– Разумеется, – устало ответил граф. – Как может мать производить на свет уродцев, если она умерла четыре года назад? – Он встал и положил руки на плечи инквизитора. – Теперь мне действительно нужно идти к гостям. Простите мое недавнее поведение. Я еще не знал, кто вы.
– Не стоит извинений, сеньор граф. Вы мне не доверяли, и это было правильно.
– Сразу после обеда я напишу епископу. Представьтесь ему ближе к вечеру. Ваше назначение – дело решенное.
– Спасибо, сеньор, – Эймерик поклонился. – Буду держать вас в курсе.
– Да благословит нас Господь.
Выйдя из дворца, Эймерик с удивлением обнаружил, что до Девятого часа еще долго.

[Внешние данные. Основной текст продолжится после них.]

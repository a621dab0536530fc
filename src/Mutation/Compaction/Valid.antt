-- ===== src/Mutation/Compaction/Valid.antt =====
-- Compaction of a settled operation (src/mutation.rs): when it succeeds, and its result.
use nowledge.Prelude.{
  String, ◌≡◌, refl, true, false, ◌&&◌, ◌||◌, not, none, some, List, [], ◌∷◌, map, arith, Result,
  ok, >>-eq-ok, >>=-eq-ok, contains, same_set,
}
use nowledge.Prelude.Sets.{same_set_of_contains}
use nowledge.Json.{
  Value, null, object, Fields, end, is_null, is_object, get_in, get_field, as_object, insert_in,
  field_names,
}
use nowledge.Json.Laws.{get_in-insert_in, contains-field_names-insert_in}
use nowledge.Models.Operations.{OperationResource, OperationStep, OperationPlan, OperationRecord}
use nowledge.Mutation.Checks.{for_each_from}
use nowledge.Mutation.Plans.{
  operation_steps, validate_steps, bind_step, validate_company_source_delete_steps,
  owner_commitment, validate_analysis_owner, validate_analysis_materialization_steps,
  validate_plan_header, validate_operation_plan,
}
use nowledge.Mutation.Records.{
  compacted_payloads_metadata_key, operation_is_settled, operation_is_compacted, step_ids,
  matches_plan, derive_operation_state, covers, validate_compaction, validate_operation_record,
}
use nowledge.Mutation.Records.Valid.{IsValidRecord, validate_operation_record_iff}
use nowledge.Mutation.Compaction.{
  clear_step, metadata_fields, compacted_plan, digest, serialized_step, collect_digests, compact,
  compact_settled_operation,
}
use nowledge.Mutation.Compaction.Bodies.{
  check_delete_step-clear, bind_step-clear, validate_step-clear, validate_side_effect-clear,
  step_ids-clear, clear_step-role, side_statuses-clear,
}

-- The metadata's fields answer as the metadata did.
get_field-metadata :
    (k : String) (metadata : Value) (fields : Fields)
    → metadata_fields metadata ≡ ok fields
    → get_field k metadata ≡ get_in k fields
unfolding metadata_fields get_field get_in
get_field-metadata k metadata fields h = ground arith

module _ (plan : OperationPlan) (fields digests : Fields)
    (known : metadata_fields plan.redacted_metadata ≡ ok fields) where
  abbrev cleared : OperationPlan
  cleared = compacted_plan plan fields digests

  header_kept : validate_plan_header plan ≡ ok tt → validate_plan_header cleared ≡ ok tt
  unfolding validate_plan_header compacted_plan is_null is_object
  header_kept h = ground arith

  steps_kept : validate_steps cleared ≡ validate_steps plan
  unfolding validate_steps compacted_plan
  steps_kept =
      simp ((clear_step-role plan.primary).0, validate_step-clear, validate_side_effect-clear)

  deletes_kept :
      validate_company_source_delete_steps cleared ≡ validate_company_source_delete_steps plan
  unfolding validate_company_source_delete_steps compacted_plan operation_steps
  deletes_kept = rw (check_delete_step-clear [] (plan.primary ∷ plan.side_effects))

  commitment_kept :
      owner_commitment cleared.redacted_metadata ≡ owner_commitment plan.redacted_metadata
  unfolding owner_commitment compacted_plan get_field
  commitment_kept = ground (
    arith,
    get_field-metadata "target_owner_user_id_hash" plan.redacted_metadata fields known,
    get_in-insert_in compacted_payloads_metadata_key "target_owner_user_id_hash" (object digests)
        fields,
  )

  steps_bound :
      (hash : String)
      → for_each_from
          (bind_step hash)
          none
          (clear_step plan.primary ∷ map clear_step plan.side_effects)
        ≡ for_each_from (bind_step hash) none (plan.primary ∷ plan.side_effects)
  steps_bound hash = bind_step-clear hash none (plan.primary ∷ plan.side_effects)

  analysis_kept :
      validate_analysis_materialization_steps cleared ≡ validate_analysis_materialization_steps plan
  unfolding validate_analysis_materialization_steps validate_analysis_owner compacted_plan
      operation_steps
  analysis_kept = simp (commitment_kept, steps_bound)

  plan_kept : validate_operation_plan plan ≡ ok tt → validate_operation_plan cleared ≡ ok tt
  unfolding validate_operation_plan
  plan_kept h =
      let header = >>-eq-ok (validate_plan_header plan) _ h in
      rw (header_kept header.0, steps_kept, deletes_kept, analysis_kept) header.1

metadata_test :
    (plan : OperationPlan)
    → validate_plan_header plan ≡ ok tt
    → (not (is_null plan.redacted_metadata) && not (is_object plan.redacted_metadata)) ≡ false
unfolding validate_plan_header
metadata_test plan h = ground arith

known_of_test :
    (metadata : Value)
    → (not (is_null metadata) && not (is_object metadata)) ≡ false
    → (fields : Fields) × (metadata_fields metadata ≡ ok fields)
unfolding is_null is_object metadata_fields
known_of_test null h = (end, refl)
known_of_test (object fields) h = (fields, refl)
known_of_test _ h = absurd (cc)

-- The metadata of an accepted plan is an object or null.
metadata_known :
    (plan : OperationPlan)
    → validate_plan_header plan ≡ ok tt
    → (fields : Fields) × (metadata_fields plan.redacted_metadata ≡ ok fields)
metadata_known plan h = known_of_test plan.redacted_metadata (metadata_test plan h)

-- The digests are kept under the ids of the steps.
module _ (to_string : OperationResource → Result String String)
    (fingerprint : String → String) where
  digest_names :
      (digests result : Fields) (steps : List OperationStep) (a : String)
      → collect_digests to_string fingerprint digests steps ≡ ok result
      → contains (field_names result) a
        ≡ (contains (field_names digests) a || contains (step_ids steps) a)
  unfolding collect_digests step_ids contains
  digest_names digests result [] a h = ground arith
  digest_names digests result (step ∷ rest) a h =
      let (text, given, later) = >>=-eq-ok (serialized_step step (to_string step.resource)) _ h in
      ground (
        arith,
        digest_names (insert_in step.id (digest fingerprint text) digests) result rest a later,
        contains-field_names-insert_in step.id a (digest fingerprint text) digests,
      )

  collect_total :
      ((x : OperationResource) → (text : String) × (to_string x ≡ ok text))
      → (digests : Fields) (steps : List OperationStep)
      → (result : Fields) × (collect_digests to_string fingerprint digests steps ≡ ok result)
  unfolding collect_digests serialized_step
  collect_total total digests [] = (digests, refl)
  collect_total total digests (step ∷ rest) =
      let (text, given) = total step.resource in
      let (result, rest_done) =
        collect_total total (insert_in step.id (digest fingerprint text) digests) rest in
      (result, rw given rest_done)

  module _ (r : OperationRecord) (fields digests : Fields) (v : IsValidRecord r)
      (settled : operation_is_settled r ≡ true)
      (known : metadata_fields r.plan.redacted_metadata ≡ ok fields)
      (given : collect_digests to_string fingerprint end (r.plan.primary ∷ r.plan.side_effects)
        ≡ ok digests) where
    abbrev compacted : OperationRecord
    compacted = record r { plan = compacted_plan r.plan fields digests }

    ids_kept : step_ids (operation_steps compacted.plan) ≡ step_ids (operation_steps r.plan)
    unfolding compacted_plan operation_steps
    ids_kept = step_ids-clear (r.plan.primary ∷ r.plan.side_effects)

    identity_kept : matches_plan compacted ≡ true
    unfolding compacted_plan matches_plan
    identity_kept = v.identity

    derived_kept : derive_operation_state compacted ≡ ok (r.status, r.indexing_state)
    unfolding compacted_plan derive_operation_state
    derived_kept =
        rw
          (
            (clear_step-role r.plan.primary).1,
            side_statuses-clear r.progress.steps r.plan.side_effects,
          )
          v.derived

    settled_kept : operation_is_settled compacted ≡ true
    unfolding operation_is_settled
    settled_kept = settled

    ids_digested : same_set (field_names digests) (step_ids (operation_steps r.plan)) ≡ true
    unfolding operation_steps field_names contains
    ids_digested =
        same_set_of_contains (field_names digests) (step_ids (operation_steps r.plan))
          (λ a. digest_names end digests (r.plan.primary ∷ r.plan.side_effects) a given)

    compaction_kept :
        validate_compaction compacted
          (get_field compacted_payloads_metadata_key compacted.plan.redacted_metadata)
        ≡ ok tt
    unfolding validate_compaction covers get_field as_object compacted_plan
    compaction_kept =
        rw
          (get_in-insert_in compacted_payloads_metadata_key compacted_payloads_metadata_key
            (object digests) fields)
          (rw (settled_kept, ids_kept, ids_digested))

    -- What `compact` makes of a valid, settled record that was not compacted.
    compacted-IsValidRecord : IsValidRecord compacted
    compacted-IsValidRecord = record {
      plan_valid = plan_kept r.plan fields digests known v.plan_valid;
      identity = identity_kept;
      times = v.times;
      covered = rw ids_kept v.covered;
      entries = v.entries;
      derived = derived_kept;
      completion = v.completion;
      compaction = compaction_kept;
    }

  header_of : (r : OperationRecord) → IsValidRecord r → validate_plan_header r.plan ≡ ok tt
  unfolding validate_operation_plan
  header_of r v = (>>-eq-ok (validate_plan_header r.plan) _ v.plan_valid).0

  now_compacted :
      (plan : OperationPlan) (fields digests : Fields)
      → get_field compacted_payloads_metadata_key
          (compacted_plan plan fields digests).redacted_metadata
        ≡ some (object digests)
  unfolding compacted_plan get_field
  now_compacted plan fields digests =
      get_in-insert_in compacted_payloads_metadata_key compacted_payloads_metadata_key
        (object digests) fields

  -- If payloads can be serialized, compaction of a valid and settled record that was not compacted
  -- succeeds: the result is valid and still settled, has the same progress, state and cleared steps
  -- under the same ids, and is compacted, so that a second compaction does nothing.
  pub compact_succeeds :
      (r : OperationRecord)
      → ((x : OperationResource) → (text : String) × (to_string x ≡ ok text))
      → validate_operation_record r ≡ ok tt
      → operation_is_settled r ≡ true
      → operation_is_compacted r ≡ false
      → (r' : OperationRecord) × (compact_settled_operation to_string fingerprint r ≡ ok (some r'))
        × (validate_operation_record r' ≡ ok tt)
        × (r'.progress ≡ r.progress)
        × (r'.status ≡ r.status)
        × (operation_steps r'.plan ≡ map clear_step (operation_steps r.plan))
        × (compact_settled_operation to_string fingerprint r' ≡ ok none)
  unfolding compact_settled_operation compact operation_is_compacted operation_is_settled
      compacted_plan operation_steps
  compact_succeeds r total valid settled fresh =
      let v = (validate_operation_record_iff r).0 valid in
      let (fields, known) = metadata_known r.plan (header_of r v) in
      let (digests, given) = collect_total total end (r.plan.primary ∷ r.plan.side_effects) in
      let valid' =
        (validate_operation_record_iff _).1
          (compacted-IsValidRecord r fields digests v settled known given) in
      (
        record r { plan = compacted_plan r.plan fields digests },
        rw (settled, fresh, known, given, valid'),
        valid',
        refl,
        refl,
        refl,
        rw (now_compacted r.plan fields digests, settled),
      )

Ему казалось, разговор с хустисьей длился несколько часов, хотя на самом деле он был очень коротким. Инквизитор чуть ли не бегом спустился по лестнице и, не раздумывая, нырнул в толпу, чувствуя, что больше не может сдерживать обуревавшее его ликование.

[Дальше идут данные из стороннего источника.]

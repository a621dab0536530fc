-- ===== src/Mutation/Plans/Steps.antt =====
-- The steps of a plan that `validate_operation_plan` of src/mutation.rs accepts.
use nowledge.Prelude.{
  String, ◌≡◌, refl, subst, false, not, List, [], ◌∷◌, arith, All, ok, >>-eq-ok, >>=-eq-ok, fail_if,
  fail_if-eq-ok, contains, is_blank,
}
use nowledge.Prelude.Sets.{IsUnique, str_eq_comm}
use nowledge.Models.Operations.{OperationStepRole as StepRole, OperationStep, OperationPlan}
use nowledge.Mutation.Checks.{for_each_from, require_non_empty}
use nowledge.Mutation.Checks.Unique.{require_non_empty_iff}
use nowledge.Mutation.Resources.{validate_resource}
use nowledge.Mutation.Plans.{
  operation_steps, is_primary, validate_step, validate_side_effect, validate_steps,
  validate_plan_header, validate_operation_plan,
}
use nowledge.Mutation.Records.{step_ids}

-- A step that may follow those with the ids `seen`.
record IsSound (tenant_id : String) (step : OperationStep) : Type 0 where
  named : is_blank step.id ≡ false
  payload : validate_resource tenant_id step.resource ≡ ok tt

step-IsSound :
    (tenant_id : String) (seen : List String) (step : OperationStep) {ids : List String}
    → validate_step tenant_id seen step ≡ ok ids
    → IsSound tenant_id step × (contains seen step.id ≡ false) × (ids ≡ step.id ∷ seen)
unfolding validate_step
step-IsSound tenant_id seen step h =
    let n = >>-eq-ok (require_non_empty "step id" step.id) _ h in
    let f = >>-eq-ok (fail_if (contains seen step.id) _) _ n.1 in
    let p = >>-eq-ok (validate_resource tenant_id step.resource) (ok (step.id ∷ seen)) f.1 in
    (
      record { named = (require_non_empty_iff "step id" step.id).0 n.0; payload = p.0 },
      fail_if-eq-ok _ _ f.0,
      cc (p.1),
    )

abbrev pub IsSideEffect : String → OperationStep → Type 0
IsSideEffect tenant_id step =
    (step.role ≡ StepRole.side_effect)
    × (is_blank step.id ≡ false)
    × (validate_resource tenant_id step.resource ≡ ok tt)

-- The ids of the steps are none of those seen.
abbrev Apart : List String → List OperationStep → Type 0
Apart seen steps = All (λ step. contains seen step.id ≡ false) steps

Apart-tail :
    (id : String) (seen : List String) (steps : List OperationStep)
    → Apart (id ∷ seen) steps
    → Apart seen steps × (contains (step_ids steps) id ≡ false)
unfolding contains step_ids
Apart-tail id seen [] h = (tt, refl)
Apart-tail id seen (step ∷ rest) h =
    let tail = Apart-tail id seen rest h.1 in
    ((ground arith, tail.0), ground (arith, str_eq_comm id step.id))

side_effects_sound :
    (tenant_id : String) (seen : List String) (steps : List OperationStep) (ids : List String)
    → for_each_from (validate_side_effect tenant_id) seen steps ≡ ok ids
    → All (IsSideEffect tenant_id) steps × Apart seen steps × IsUnique (step_ids steps)
unfolding for_each_from validate_side_effect step_ids is_primary
side_effects_sound tenant_id seen [] ids h = (tt, tt, tt)
side_effects_sound tenant_id seen (step ∷ rest) ids h =
    let (seen', first, later) = >>=-eq-ok (validate_side_effect tenant_id seen step) _ h in
    let r = >>-eq-ok (fail_if (is_primary step.role) _) _ first in
    let (sound, fresh, same) = step-IsSound tenant_id seen step r.1 in
    let tail =
      side_effects_sound tenant_id (step.id ∷ seen) rest ids
        (subst (λ s. for_each_from (validate_side_effect tenant_id) s rest ≡ ok ids) same later) in
    let apart = Apart-tail step.id seen rest tail.1 in
    (
      ((ground (arith, fail_if-eq-ok _ _ r.0), sound.named, sound.payload), tail.0),
      (fresh, apart.0),
      (apart.1, tail.2),
    )

-- An accepted plan has a primary step and side effects, under different ids that are not blank;
-- each payload passes the check for the plan's tenant.
pub validated_steps :
    (plan : OperationPlan)
    → validate_operation_plan plan ≡ ok tt
    → (plan.primary.role ≡ StepRole.primary)
      × (is_blank plan.primary.id ≡ false)
      × (validate_resource plan.tenant_id plan.primary.resource ≡ ok tt)
      × All (IsSideEffect plan.tenant_id) plan.side_effects
      × IsUnique (step_ids (operation_steps plan))
unfolding validate_operation_plan validate_steps is_primary operation_steps step_ids
validated_steps plan h =
    let header = >>-eq-ok (validate_plan_header plan) _ h in
    let (ids, steps, rest) = >>=-eq-ok (validate_steps plan) _ header.1 in
    let r = >>-eq-ok (fail_if (not (is_primary plan.primary.role)) _) _ steps in
    let (first, primary, others) = >>=-eq-ok (validate_step plan.tenant_id [] plan.primary) _ r.1 in
    let (sound, fresh, same) = step-IsSound plan.tenant_id [] plan.primary primary in
    let tail = side_effects_sound plan.tenant_id (plan.primary.id ∷ []) plan.side_effects ids (
      subst (λ s. for_each_from (validate_side_effect plan.tenant_id) s plan.side_effects ≡ ok ids)
        same others) in
    (
      ground (arith, fail_if-eq-ok _ _ r.0),
      sound.named,
      sound.payload,
      tail.0,
      ((Apart-tail plan.primary.id [] plan.side_effects tail.1).1, tail.2),
    )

Он направлялся к церкви Девы Пилар, но, заметив впереди на площади небольшую толпу, свернул с дороги. Там собрались простолюдины, осыпающие бранью преступника, которого должны были засечь до смерти. Громкие вопли осужденного заглушали даже отборную ругань голодранцев, встречавшую каждый новый удар плетью бурей злорадного восторга.
Раздраженный шумом, мешавшим ему насладиться своей победой, Эймерик свернул на соседнюю улочку и пошел между рядами побеленных домиков, стараясь держаться подальше от телег, из-под колес которых летели брызги грязи. Несколько мусульманок с закрытыми лицами и черными накидками на головах напомнили ему о том, что случилось накануне. Но эти девушки не смеялись и не пытались показывать ему на небо, куда он не без волнения все же посмотрел и увидел лишь редкие облака.

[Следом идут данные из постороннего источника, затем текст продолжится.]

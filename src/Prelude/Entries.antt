-- ===== src/Prelude/Entries.antt =====
-- The laws of `Table`: what `insert` and `write` do to lookups, keys and to what holds of entries.
use Prim.Native.Nat.{Ordering}
use Prim.Native.String.{compare}
use text.Mathlib.TextEquality.{path_by_compare}
use nowledge.Prelude.{
  String, str_eq, eq_iff, ◌≡◌, refl, subst, inl, inr, ◌||◌, some, [], ◌∷◌, arith, All,
  if◌then◌else◌, Bool-cases, is_some, contains,
}
use nowledge.Prelude.Table.{Table, get, insert, write, keys}

module _ {ℓ} {V : Type ℓ} where
  pub contains-keys : (k : String) (m : Table V) → contains (keys m) k ≡ is_some (get k m)
  unfolding contains keys get
  contains-keys k [] = refl
  contains-keys k ((j, v) ∷ m) = ground (arith, contains-keys k m)

  pub get-insert :
      (k j : String) (v : V) (m : Table V)
      → get j (insert k v m) ≡ (if str_eq k j then some v else get j m)
  unfolding get insert
  get-insert k j v [] = refl
  get-insert k j v ((i, w) ∷ m) =
      ground (arith, path_by_compare k i, eq_iff k j, eq_iff i k, eq_iff i j, get-insert k j v m)

  pub contains-keys-insert :
      (k j : String) (v : V) (m : Table V)
      → contains (keys (insert k v m)) j ≡ (str_eq k j || contains (keys m) j)
  contains-keys-insert k j v m =
      ground (arith, contains-keys j (insert k v m), contains-keys j m, get-insert k j v m)

module _ {ℓ κ} {V : Type ℓ} (P : String × V → Type κ) where
  -- The three places of `insert`, for each outcome of the comparison.
  All-ordered :
      (k : String) (v : V) (j : String) (w : V) (m : Table V) (o : Ordering)
      → P (k, v)
      → All P ((j, w) ∷ m)
      → All P (insert k v m)
      → All P (elim o [
        | Ordering.lt ↦ (k, v) ∷ (j, w) ∷ m
        | Ordering.eq ↦ (k, v) ∷ m
        | Ordering.gt ↦ (j, w) ∷ insert k v m
      ])
  All-ordered k v j w m Ordering.lt p h rest = (p, h)
  All-ordered k v j w m Ordering.eq p h rest = (p, h.1)
  All-ordered k v j w m Ordering.gt p h rest = (h.0, rest)

  pub All-insert : (k : String) (v : V) (m : Table V) → P (k, v) → All P m → All P (insert k v m)
  unfolding insert
  All-insert k v [] p h = (p, tt)
  All-insert k v ((j, w) ∷ m) p h = All-ordered k v j w m (compare k j) p h (All-insert k v m p h.1)

  -- A write keeps what holds of every entry, if the new value has it at its key.
  pub All-write : (k : String) (v : V) (m : Table V) → P (k, v) → All P m → All P (write k v m)
  unfolding write
  All-write k v [] p h = tt
  All-write k v ((j, w) ∷ m) p h = elim (Bool-cases (str_eq j k)) [
    | inl e ↦ rw (e, (eq_iff j k).0 e) (p, h.1)
    | inr e ↦ rw e (h.0, All-write k v m p h.1)
  ]

  pub All-get : (k : String) (v : V) (m : Table V) → get k m ≡ some v → All P m → P (k, v)
  unfolding get
  All-get k v [] g h = absurd (cc)
  All-get k v ((j, w) ∷ m) g h = elim (Bool-cases (str_eq j k)) [
    | inl e ↦ subst (λ i. P (i, v)) ((eq_iff j k).0 e) (subst (λ u. P (j, u)) (ground arith) h.0)
    | inr e ↦ All-get k v m (rw e at g) h.1
  ]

Эймерик решил вернуться в Альхаферию. Составить четкий план действий он пока не успел, но не хотелось, чтобы пропал впустую прилив сил после успеха, достигнутого у хустисьи. Периоды кипучей энергии и неуемной активности чередовались у инквизитора с почти полной апатией, когда ему было сложно не только действовать, но даже думать. И пока силы не иссякли, хотелось бы укрепить завоеванные позиции.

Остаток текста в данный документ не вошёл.